* _Entries supplied_
+===+
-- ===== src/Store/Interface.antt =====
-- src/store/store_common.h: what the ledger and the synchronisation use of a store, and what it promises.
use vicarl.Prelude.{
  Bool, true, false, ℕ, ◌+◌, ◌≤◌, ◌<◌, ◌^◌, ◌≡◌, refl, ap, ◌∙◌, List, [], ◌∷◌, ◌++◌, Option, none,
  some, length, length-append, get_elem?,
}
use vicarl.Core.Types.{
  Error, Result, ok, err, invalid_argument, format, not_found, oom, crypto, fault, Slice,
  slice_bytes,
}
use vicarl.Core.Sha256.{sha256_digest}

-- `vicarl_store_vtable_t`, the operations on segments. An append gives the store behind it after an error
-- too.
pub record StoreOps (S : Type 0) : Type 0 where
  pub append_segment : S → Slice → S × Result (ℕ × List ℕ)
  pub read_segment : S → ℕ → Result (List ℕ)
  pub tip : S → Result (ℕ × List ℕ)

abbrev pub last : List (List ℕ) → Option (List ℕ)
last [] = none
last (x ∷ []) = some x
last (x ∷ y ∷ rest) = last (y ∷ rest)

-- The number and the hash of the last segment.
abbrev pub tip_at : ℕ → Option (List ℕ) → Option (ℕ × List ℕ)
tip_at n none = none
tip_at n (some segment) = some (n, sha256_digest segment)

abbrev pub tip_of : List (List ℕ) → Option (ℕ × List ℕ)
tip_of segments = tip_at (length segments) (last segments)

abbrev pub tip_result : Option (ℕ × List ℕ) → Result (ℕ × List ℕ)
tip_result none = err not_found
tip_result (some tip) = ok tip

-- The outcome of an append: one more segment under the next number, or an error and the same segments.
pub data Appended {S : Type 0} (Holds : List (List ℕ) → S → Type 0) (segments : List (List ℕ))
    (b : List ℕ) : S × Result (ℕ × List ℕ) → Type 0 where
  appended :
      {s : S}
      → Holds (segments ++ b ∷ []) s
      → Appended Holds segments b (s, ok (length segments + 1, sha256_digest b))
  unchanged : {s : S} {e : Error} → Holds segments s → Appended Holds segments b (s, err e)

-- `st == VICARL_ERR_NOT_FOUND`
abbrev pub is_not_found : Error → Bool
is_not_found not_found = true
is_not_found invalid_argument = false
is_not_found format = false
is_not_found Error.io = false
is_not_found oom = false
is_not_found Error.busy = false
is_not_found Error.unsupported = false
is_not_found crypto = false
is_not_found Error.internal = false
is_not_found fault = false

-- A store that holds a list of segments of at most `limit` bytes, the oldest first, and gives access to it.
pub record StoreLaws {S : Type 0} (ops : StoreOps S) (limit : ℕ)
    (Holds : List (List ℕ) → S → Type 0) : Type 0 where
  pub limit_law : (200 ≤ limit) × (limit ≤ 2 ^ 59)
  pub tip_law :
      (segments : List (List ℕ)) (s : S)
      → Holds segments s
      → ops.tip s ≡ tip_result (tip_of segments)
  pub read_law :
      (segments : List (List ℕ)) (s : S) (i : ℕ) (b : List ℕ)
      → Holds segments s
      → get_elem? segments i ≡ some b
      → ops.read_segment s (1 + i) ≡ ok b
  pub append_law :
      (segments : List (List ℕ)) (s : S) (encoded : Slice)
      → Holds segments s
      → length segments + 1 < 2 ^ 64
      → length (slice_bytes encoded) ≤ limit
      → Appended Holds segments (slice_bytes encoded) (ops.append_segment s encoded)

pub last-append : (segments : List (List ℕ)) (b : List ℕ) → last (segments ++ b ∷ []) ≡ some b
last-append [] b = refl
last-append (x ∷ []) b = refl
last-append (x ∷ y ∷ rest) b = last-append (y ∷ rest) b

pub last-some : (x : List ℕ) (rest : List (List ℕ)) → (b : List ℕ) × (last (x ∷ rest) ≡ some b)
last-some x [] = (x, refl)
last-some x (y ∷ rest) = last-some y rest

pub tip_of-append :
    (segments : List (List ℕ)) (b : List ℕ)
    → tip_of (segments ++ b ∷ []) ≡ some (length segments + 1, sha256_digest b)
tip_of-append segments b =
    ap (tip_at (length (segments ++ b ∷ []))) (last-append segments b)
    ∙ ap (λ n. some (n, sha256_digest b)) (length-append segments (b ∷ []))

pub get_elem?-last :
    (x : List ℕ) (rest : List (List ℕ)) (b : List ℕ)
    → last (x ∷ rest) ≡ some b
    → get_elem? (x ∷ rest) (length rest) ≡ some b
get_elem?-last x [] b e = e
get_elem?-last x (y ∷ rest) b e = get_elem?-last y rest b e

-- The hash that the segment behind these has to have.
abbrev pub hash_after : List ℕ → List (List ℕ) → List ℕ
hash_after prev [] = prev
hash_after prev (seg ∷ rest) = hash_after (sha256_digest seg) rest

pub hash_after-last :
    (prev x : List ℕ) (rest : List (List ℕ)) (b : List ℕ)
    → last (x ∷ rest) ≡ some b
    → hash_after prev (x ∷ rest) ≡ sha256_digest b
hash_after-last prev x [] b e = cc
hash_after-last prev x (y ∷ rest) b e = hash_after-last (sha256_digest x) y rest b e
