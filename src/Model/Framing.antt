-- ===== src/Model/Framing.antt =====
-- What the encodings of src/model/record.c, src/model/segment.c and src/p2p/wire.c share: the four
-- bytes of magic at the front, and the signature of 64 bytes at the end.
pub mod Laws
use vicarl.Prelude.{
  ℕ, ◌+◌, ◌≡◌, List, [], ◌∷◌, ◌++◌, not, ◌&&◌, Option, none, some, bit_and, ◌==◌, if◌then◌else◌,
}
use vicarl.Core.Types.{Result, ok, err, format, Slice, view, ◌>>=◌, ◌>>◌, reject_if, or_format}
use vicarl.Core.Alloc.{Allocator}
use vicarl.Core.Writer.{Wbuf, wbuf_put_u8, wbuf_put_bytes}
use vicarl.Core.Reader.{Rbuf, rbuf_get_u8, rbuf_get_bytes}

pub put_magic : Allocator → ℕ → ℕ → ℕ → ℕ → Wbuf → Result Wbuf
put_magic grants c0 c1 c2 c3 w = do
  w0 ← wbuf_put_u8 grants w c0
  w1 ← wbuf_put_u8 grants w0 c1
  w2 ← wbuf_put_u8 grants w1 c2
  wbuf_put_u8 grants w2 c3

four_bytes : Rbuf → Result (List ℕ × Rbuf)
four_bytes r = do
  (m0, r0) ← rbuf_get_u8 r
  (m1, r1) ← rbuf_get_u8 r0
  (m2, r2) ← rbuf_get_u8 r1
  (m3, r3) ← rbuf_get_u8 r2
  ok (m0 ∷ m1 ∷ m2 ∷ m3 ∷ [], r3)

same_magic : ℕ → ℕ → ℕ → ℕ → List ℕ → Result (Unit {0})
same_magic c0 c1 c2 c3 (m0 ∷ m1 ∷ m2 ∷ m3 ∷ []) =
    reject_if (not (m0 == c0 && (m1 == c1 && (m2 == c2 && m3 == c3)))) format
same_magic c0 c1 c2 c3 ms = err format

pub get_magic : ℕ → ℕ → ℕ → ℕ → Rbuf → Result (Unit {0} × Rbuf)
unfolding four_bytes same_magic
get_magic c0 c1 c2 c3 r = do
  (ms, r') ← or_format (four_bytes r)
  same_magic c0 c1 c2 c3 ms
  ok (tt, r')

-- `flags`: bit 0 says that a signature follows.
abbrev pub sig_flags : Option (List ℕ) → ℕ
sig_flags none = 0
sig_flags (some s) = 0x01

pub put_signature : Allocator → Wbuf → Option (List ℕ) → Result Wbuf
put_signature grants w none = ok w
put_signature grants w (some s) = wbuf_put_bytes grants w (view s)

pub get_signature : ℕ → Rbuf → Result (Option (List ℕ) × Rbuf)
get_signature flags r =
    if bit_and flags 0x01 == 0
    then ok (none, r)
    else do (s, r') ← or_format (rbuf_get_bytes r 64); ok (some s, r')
+===+
* _What the exercise asks_
Scan the material above for the string "where" and return the lines that hold it.

* _Exercise result_
pub record StoreOps (S : Type 0) : Type 0 where
    (b : List ℕ) : S × Result (ℕ × List ℕ) → Type 0 where
    (Holds : List (List ℕ) → S → Type 0) : Type 0 where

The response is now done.